Google has taken over the old style way of passing information from generation to generation. 🙂 I’m not complaining. I’d rather believe if Google told me it is good to drink 1 glass of milk everyday than if my mum told me. (which has happened numerous times!) Nevertheless, there are some age old recipes I love making Ma do in the pretext of ‘making it for my blog‘.. 😀 Having the reputation of the most versatile pickle ever, it is with great difficulty we limit ourselves to about 1 or 2 spoons of this Tomato Pickle it everyday! 🙂
There are two ways (that I know of) of making pickle with a tomato. One is a fresh pickle that lasts about a week to 10 days. But this one, loaded with gallons of oil lasts for a year or even two! Just a little of this spicy and sour pickle goes great with Indian breads, parathas, rice, Dal etc. It is just perfect with curd rice. Not only does it brighten up your meal but you will also be left with the a lingering taste that will not be forgotten for a long time to come.
TOMATO PICKLE RECIPE
(Print this Recipe)
Prep Time – 2 days
Total Time – 1 hour
Makes -1 kg
1 kg (10-12 medium) tomatoes
250 ml (1 1/2 cups) sesame (til) oil
100 grams (1/2 cup) rock salt
2 tbsp (10 gms) turmeric
100 grams (1/2 cup) tamarind
80 grams (around 3/4 cup) red chili powder
2 tbsp fenugreek seeds
2 tbsp black mustard seeds
3-4 tbsp vinegar
1/4 tsp baking soda (sodium bicarb)
2 tbsp (10 grams) Jaggery (or sugar) (optional)

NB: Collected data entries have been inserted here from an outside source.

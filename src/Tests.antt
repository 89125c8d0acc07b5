-- ===== src/Tests.antt =====
-- The theorems at concrete inputs, and runs of the model.
mod Data
mod Storage
mod Epoch
mod Server
mod Threads
mod Totals
mod Wire
mod Blocks
mod Contract
mod Epochs
mod Comm
mod Random
mod Config
mod Locks
mod Mock
mod KeyFiles
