-- ===== src/Tests/Blocks.antt =====
-- The chain of blocks with numbers for texts.
use myblockchain.Prelude.{
  ℕ, ◌+◌, ◌≡◌, refl, [], ◌∷◌, map, Bool, true, none, some, ◌==◌, ==_iff, length,
}
use myblockchain.Transaction.{mock_transaction_of}
use myblockchain.Blocks.{
  BlockHelper, Block, BlockStorage, generate_block_body, check_signature, block_verifier,
}
use myblockchain.Blocks.Chain.{signature_not_checked}

abbrev numbers : BlockHelper
numbers = record {
  Text = ℕ;
  empty_text = 0;
  same_text = ◌==◌;
  same_text_iff = ==_iff;
  serialize = λ t. some t.tid;
  results_text = λ results. length results;
  hash = λ text. text + 1;
  hash_block = λ texts metadata. some (length texts + length metadata);
  merkle_root = λ texts. elim texts [ [] ↦ none | x ∷ xs ↦ some (length xs + 6) ];
  rsa_encrypt = λ root. some root;
  rsa_decrypt = ◌==◌;
}

abbrev any_file : ℕ → Bool
any_file n = true

abbrev one_waiting : BlockStorage numbers any_file true
one_waiting = record {
  files = λ n. none;
  block_num = none;
  transaction_queue = mock_transaction_of 1 7 ∷ [];
}

signature_not_checked_example :
    (b : Block numbers any_file true) × (s : BlockStorage numbers any_file true) × (root
      signature : ℕ)
    × (generate_block_body numbers any_file true one_waiting ≡ some (b, s))
    × (numbers.merkle_root (map (λ n. n + 1) b.block_data) ≡ some root)
    × (some root ≡ some signature)
    × (block_verifier numbers any_file true b
        ≡ some (record { epoch = b.number; signature = signature }))
    × (check_signature numbers any_file true b ≡ some (root == 1))
signature_not_checked_example =
    signature_not_checked numbers any_file true (λ t. (t.tid, refl)) (λ x xs. (length xs + 6, refl))
      (λ root. (root, refl)) one_waiting (mock_transaction_of 1 7) [] refl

1. Cut tomatoes into 1 inch cubes. Add the turmeric powder & crushed rock salt to it. Mix well & keep aside for 24 hours (1 day)
2. After a day, the tomatoes release water.
3. Add the tamarind, mix well and again let it sit for a day. The tamarinds would soften up.
4. Next day, smash everything together.
5. Add the mixture little by little to the blender & blend it roughly to form a puree.
6. Add the puree to a large bottomed pan along with the red chili powder. Mix well. Let that cook.
7. Meanwhile, dry roast fenugreek (methi) seeds and grind them to a coarse powder.
8. To another smaller pan, add 1tbsp oil and heat up. Add the mustard seeds & asafoetida (hing). Once that crackles, add it to the tomatoes on the pan.
9. Also add the remaining oil and fenugreek seeds (methi) mixture. Mix well
10. Let it cook/boil. Keep stirring completely, taking care of the sides. Do so every 5 or 10 minutes.
11. As the oil starts to come out, add the jaggery / sugar & mix well.
12. You’ll have to keep cooking until the mixture is reduced and looks solid. It takes around 45 minutes – 1 hour.
13. Once that is done, switch off the flame. Add vinegar and sodium bicarb (baking soda) as preservatives and mix well.
14. Store in a sterilized, air tight jar.
– This pickle lasts for more than a year. Use fresh tomatoes.
– Rock salt gives the pickle a better taste. But you could substitute it for normal salt too.
– For other variations, try cumin seeds (jeera) instead of fenugreek seeds (methi)
– You don’t need to refrigerate the pickle; although there’s no harm in doing so. It lasts even longer.